If a line in the entries includes "refl", show that line.

----------------

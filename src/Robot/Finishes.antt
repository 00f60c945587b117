-- ===== src/Robot/Finishes.antt =====
-- `finishMotion` on a connection that delivers states and answers: it returns.
use libfranka.Prelude.{
  ℕ, zero, suc, ◌<◌, ◌≡◌, ◌∙◌, ◌⊎◌, inl, inr, refl, ap, Bool, true, false, not, Option, some, List,
  [], ◌∷◌, Double, ok, pure, after-run, Bool-cases, if◌then◌else◌, ◌>>=◌, modify,
}
use libfranka.Interface.{
  Command, MotionGeneratorMode, ControllerMode, MotionGeneratorCommand, ControllerCommand,
  WireState, Response,
}
use libfranka.Interface.Status
use libfranka.LoadCalculations.{Eigen}
use libfranka.RobotState.{RobotState, convert_robot_state, empty_robot_state}
use libfranka.Logger.{log}
use libfranka.Robot.State.{Network, Impl, on_network, update_state}
use libfranka.Robot.Responses.{handle_move}
use libfranka.Robot.Channel.{filled_command, send_robot_command, receive_robot_state, update}
use libfranka.Robot.Commands.{conclude, conclude_with}
use libfranka.Robot.Motions.{
  is_running, set_current_move, finish_loop, finish_status, finish_running, finish_motion,
}
use libfranka.Robot.Guards.{IsAllowed, send_robot_command-guarded}
use libfranka.Robot.Finish.{IsIdle, finish_motion-IsIdle}
use libfranka.Robot.Stream.{
  is_still, Rising, StopsIn, IsStream, is_running-update_state, on_network-run,
  receive_robot_state-next,
}

module _ {N F : Type 0} ⦃d : Double F⦄ ⦃n : Network N F⦄ ⦃e : Eigen F⦄ where
  module _ (coming : N → List (WireState F)) (Phase : Option (Command × ℕ) → N → Type 0)
      (stream : IsStream coming Phase) where
    -- The object after a round in which `r` arrived.
    abbrev logged :
        Impl N F
        → WireState F
        → Option (MotionGeneratorCommand F)
        → Option (ControllerCommand F)
        → N
        → Impl N F
    logged s r m c k = record (update_state r (record s { network = k })) {
      logger = log s.logger (convert_robot_state r) (filled_command s.message_id m c);
    }

    update-next :
        (p : Option (Command × ℕ)) (fuel : ℕ) (m : MotionGeneratorCommand F)
        (c : Option (ControllerCommand F)) (s : Impl N F) (r : WireState F) (q : List (WireState F))
        → IsAllowed (some m) c s
        → coming s.network ≡ r ∷ q
        → s.message_id < r.message_id
        → Phase p s.network
        → (k : N) × (update (suc (suc fuel)) (some m) c s
            ≡ (ok (convert_robot_state r), logged s r (some m) c k))
          × (coming k ≡ q)
          × Phase p k
    unfolding update update_state
    update-next p fuel m c s r q allowed e new phase =
        let w = filled_command s.message_id (some m) c in
        let (k₁, went, kept, phase₁) = stream.transmits p w s.network phase in
        let s₁ = record s { network = k₁ } in
        let sent : send_robot_command (some m) c s ≡ (ok w, s₁) =
          (send_robot_command-guarded (some m) c s (inl refl)).0 allowed
          ∙ after-run (on_network (n.udp_send w) s) _ (on_network-run (n.udp_send w) s went) in
        let (k, ran, left, phase₂) =
          receive_robot_state-next coming Phase stream p fuel s₁ r q (kept ∙ e) new phase₁ in
        (
          k,
          after-run (on_network n.tcp_throw_if_connection_closed s) _ (
                on_network-run n.tcp_throw_if_connection_closed s (stream.opened p s.network phase))
              ∙ after-run (send_robot_command (some m) c s) _ sent
              ∙ after-run (receive_robot_state (suc (suc fuel)) s₁) _ ran,
          left,
          phase₂,
        )

    finish_loop-stopped :
        (fuel rounds : ℕ) (m : MotionGeneratorCommand F) (c : Option (ControllerCommand F))
        (last : RobotState F) (s : Impl N F)
        → is_running s ≡ false
        → finish_loop fuel (suc rounds) m c last s ≡ (ok last, s)
    unfolding finish_loop
    finish_loop-stopped fuel rounds m c last s done =
        ap
          (λ (b : Bool).
            (if b
                then (update fuel (some m) c >>= λ next. finish_loop fuel rounds m c next)
                else pure last)
              s)
          done

    -- A round of the loop, given what the rounds after it do.
    finish_loop-round :
        (fuel rounds : ℕ) (m : MotionGeneratorCommand F) (c : Option (ControllerCommand F))
        (last next : RobotState F) (s u : Impl N F)
        → is_running s ≡ true
        → update fuel (some m) c s ≡ (ok next, u)
        → finish_loop fuel (suc rounds) m c last s ≡ finish_loop fuel rounds m c next u
    unfolding finish_loop
    finish_loop-round fuel rounds m c last next s u going ran =
        ap
          (λ (b : Bool).
            (if b
                then (update fuel (some m) c >>= λ x. finish_loop fuel rounds m c x)
                else pure last)
              s)
          going
        ∙ after-run (update fuel (some m) c s) _ ran

    finish_loop-returns :
        (p : Option (Command × ℕ)) (fuel rounds : ℕ) (m : MotionGeneratorCommand F)
        (c : Option (ControllerCommand F)) (last : RobotState F) (s : Impl N F)
        (q : List (WireState F))
        → is_running s ≡ true
        → IsAllowed (some m) c s
        → coming s.network ≡ q
        → Rising s.message_id q
        → StopsIn rounds q
        → Phase p s.network
        → (b : RobotState F) × (t : Impl N F) × (finish_loop
              (suc (suc fuel))
              (suc rounds)
              m
              c
              last
              s
            ≡ (ok b, t))
          × Phase p t.network
    unfolding update_state
    finish_loop-returns p fuel zero m c last s q going allowed e rising stops phase = elim stops [ ]
    finish_loop-returns p fuel (suc k) m c last s [] going allowed e rising stops phase =
        elim stops [ ]
    finish_loop-returns p fuel (suc k) m c last s (r ∷ q) going allowed e rising stops phase =
        let (x, ran, left, kept) = update-next p fuel m c s r q allowed e rising.0 phase in
        let u = logged s r (some m) c x in
        let next = convert_robot_state r in
        let runs : is_running u ≡ not (is_still r) = is_running-update_state r s in
        let step = finish_loop-round (suc (suc fuel)) (suc k) m c last next s u going ran in
        elim (Bool-cases (is_still r)) [
          | inl still ↦ (
            next,
            u,
            step ∙ finish_loop-stopped (suc (suc fuel)) k m c next u (runs ∙ ap not still),
            kept,
          )
          | inr moving ↦
              let (b, t, rest, ends) =
                finish_loop-returns p fuel k m c next u q (runs ∙ ap not moving) allowed left
                  rising.1 (later moving stops) kept in
              (b, t, step ∙ rest, ends)
        ]
      where
        later : is_still r ≡ false → (is_still r ≡ true) ⊎ StopsIn k q → StopsIn k q
        later moving (inl still) = absurd (cc)
        later moving (inr rest) = rest

    answered :
        (last : RobotState F) (r : Response) (s : Impl N F)
        → r.status ≡ 0
        → finish_status last r (Status.move r.status) s
          ≡ (ok tt, set_current_move MotionGeneratorMode.idle ControllerMode.other s)
    unfolding finish_status conclude conclude_with handle_move
    answered last r s p = rw p

    -- On a connection on which the robot sends states with rising message ids, one of the first
    -- `rounds` of them is still, and the response to the `Move` with the given id is to come and is a
    -- success, `finishMotion` of a running motion that takes the command returns, with one round more
    -- than these and fuel for two datagrams in each, and leaves the robot idle.
    pub finish_motion-returns :
        (fuel rounds id : ℕ) (m : MotionGeneratorCommand F) (c : Option (ControllerCommand F))
        (s : Impl N F)
        → is_running s ≡ true
        → IsAllowed (some m) c s
        → Rising s.message_id (coming s.network)
        → StopsIn rounds (coming s.network)
        → Phase (some (Command.move, id)) s.network
        → (t : Impl N F) × (finish_motion (suc (suc fuel)) (suc rounds) id (some m) c s
            ≡ (ok tt, t))
          × IsIdle t
    unfolding finish_motion finish_running
    finish_motion-returns fuel rounds id m c s going allowed rising stops phase =
        let m' = record m { motion_generation_finished = true } in
        let (last, u, looped, awaits) =
          finish_loop-returns (some (Command.move, id)) fuel rounds m' c empty_robot_state s
            (coming s.network) going allowed refl rising stops phase in
        let (r, k, got, success, kept, free) = stream.answers Command.move id u.network awaits in
        let v = record u { network = k } in
        let done : finish_motion (suc (suc fuel)) (suc rounds) id (some m) c s
            ≡ (ok tt, set_current_move MotionGeneratorMode.idle ControllerMode.other v) =
          ap
            (λ (b : Bool).
              (if not b
                  then modify (set_current_move MotionGeneratorMode.idle ControllerMode.other)
                  else finish_running (suc (suc fuel)) (suc rounds) id (some m) c)
                s)
            going
          ∙ after-run (finish_loop (suc (suc fuel)) (suc rounds) m' c empty_robot_state s) _ looped
          ∙ after-run (on_network (n.tcp_blocking_receive_response Command.move id) u) _
              (on_network-run (n.tcp_blocking_receive_response Command.move id) u got)
          ∙ answered last r v success in
        (_, done, finish_motion-IsIdle (suc (suc fuel)) (suc rounds) id (some m) c s _ done)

----------------

WRITTEN SOLUTION
  ℕ, zero, suc, ◌<◌, ◌≡◌, ◌∙◌, ◌⊎◌, inl, inr, refl, ap, Bool, true, false, not, Option, some, List,
          (send_robot_command-guarded (some m) c s (inl refl)).0 allowed
            (coming s.network) going allowed refl rising stops phase in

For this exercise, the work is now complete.